▶ [WORK INSTRUCTIONS]
Scan the material and copy every line in which "UserPointRes" appears.

▶ [INFORMATION SUPPLIED]
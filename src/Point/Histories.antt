-- ===== src/Point/Histories.antt =====
-- The read-only methods of `PointService` (lists, details) and its two unimplemented ones.
use web3_point_exchange.Common.{ℕ, Option, some, List, map}
use web3_point_exchange.Platform.{Platform}
use web3_point_exchange.Repositories.UserPoints
use web3_point_exchange.Repositories.UserSwapHistories
use web3_point_exchange.Repositories.ConsumptionHistories
use web3_point_exchange.Repositories.GrantHistories
use web3_point_exchange.Point.Dto.{
  UserPointRes, ConsumptionHistoryRes, GrantHistoryRes, UserSwapHistoryRes, map_user_point,
  map_consumption_history, map_grant_history, map_user_swap_history,
}
use web3_point_exchange.World.{
  Action, ◌>>=◌, pure, throw, or_throw, user_point_not_found, consumption_history_not_found,
  grant_history_not_found, user_swap_history_not_found, not_implemented,
}

-- `{ count, data }`
pub record ListRes (A : Type 0) : Type 0 where
  pub count : ℕ
  pub items : List A

abbrev list_res : {A B : Type 0} → (A → B) → List A × ℕ → ListRes B
list_res f (rows, total) = record { count = total; items = map f rows }

module _ ⦃p : Platform⦄ where
  unfoldable pub get_user_points : Option ℕ → Action (ListRes UserPointRes)
  get_user_points q = do
    page ← UserPoints.get_with_pagination q
    pure (list_res map_user_point page)

  unfoldable pub get_user_point : ℕ → Action UserPointRes
  get_user_point i = do
    found ← UserPoints.find_by_id i
    entity ← or_throw user_point_not_found found
    pure (map_user_point entity)

  unfoldable pub get_consumption_histories :
      ℕ → ConsumptionHistories.Query → Action (ListRes ConsumptionHistoryRes)
  get_consumption_histories i q = do
    page ← ConsumptionHistories.get_with_pagination (record q { user_point_id = some i })
    pure (list_res map_consumption_history page)

  unfoldable pub get_consumption_history : ℕ → ℕ → Action ConsumptionHistoryRes
  get_consumption_history i h = do
    found ← ConsumptionHistories.find_by_user_point_id i h
    entity ← or_throw consumption_history_not_found found
    pure (map_consumption_history entity)

  unfoldable pub get_grant_histories : ℕ → GrantHistories.Query → Action (ListRes GrantHistoryRes)
  get_grant_histories i q = do
    page ← GrantHistories.get_with_pagination (record q { user_point_id = some i })
    pure (list_res map_grant_history page)

  unfoldable pub get_grant_history : ℕ → ℕ → Action GrantHistoryRes
  get_grant_history i h = do
    found ← GrantHistories.find_by_user_point_id i h
    entity ← or_throw grant_history_not_found found
    pure (map_grant_history entity)

  unfoldable pub get_user_swap_histories :
      UserSwapHistories.Query → Action (ListRes UserSwapHistoryRes)
  get_user_swap_histories q = do
    page ← UserSwapHistories.get_with_pagination q
    pure (list_res map_user_swap_history page)

  unfoldable pub get_user_swap_history : ℕ → Action UserSwapHistoryRes
  get_user_swap_history i = do
    found ← UserSwapHistories.find_by_id i
    entity ← or_throw user_swap_history_not_found found
    pure (map_user_swap_history entity)

unfoldable pub rollback_consumption : ℕ → ℕ → Action ConsumptionHistoryRes
rollback_consumption i h = throw not_implemented

unfoldable pub rollback_grant : ℕ → ℕ → Action GrantHistoryRes
rollback_grant i h = throw not_implemented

▶ [TASK OUTPUT]
  UserPointRes, ConsumptionHistoryRes, GrantHistoryRes, UserSwapHistoryRes, map_user_point,
  unfoldable pub get_user_points : Option ℕ → Action (ListRes UserPointRes)
  unfoldable pub get_user_point : ℕ → Action UserPointRes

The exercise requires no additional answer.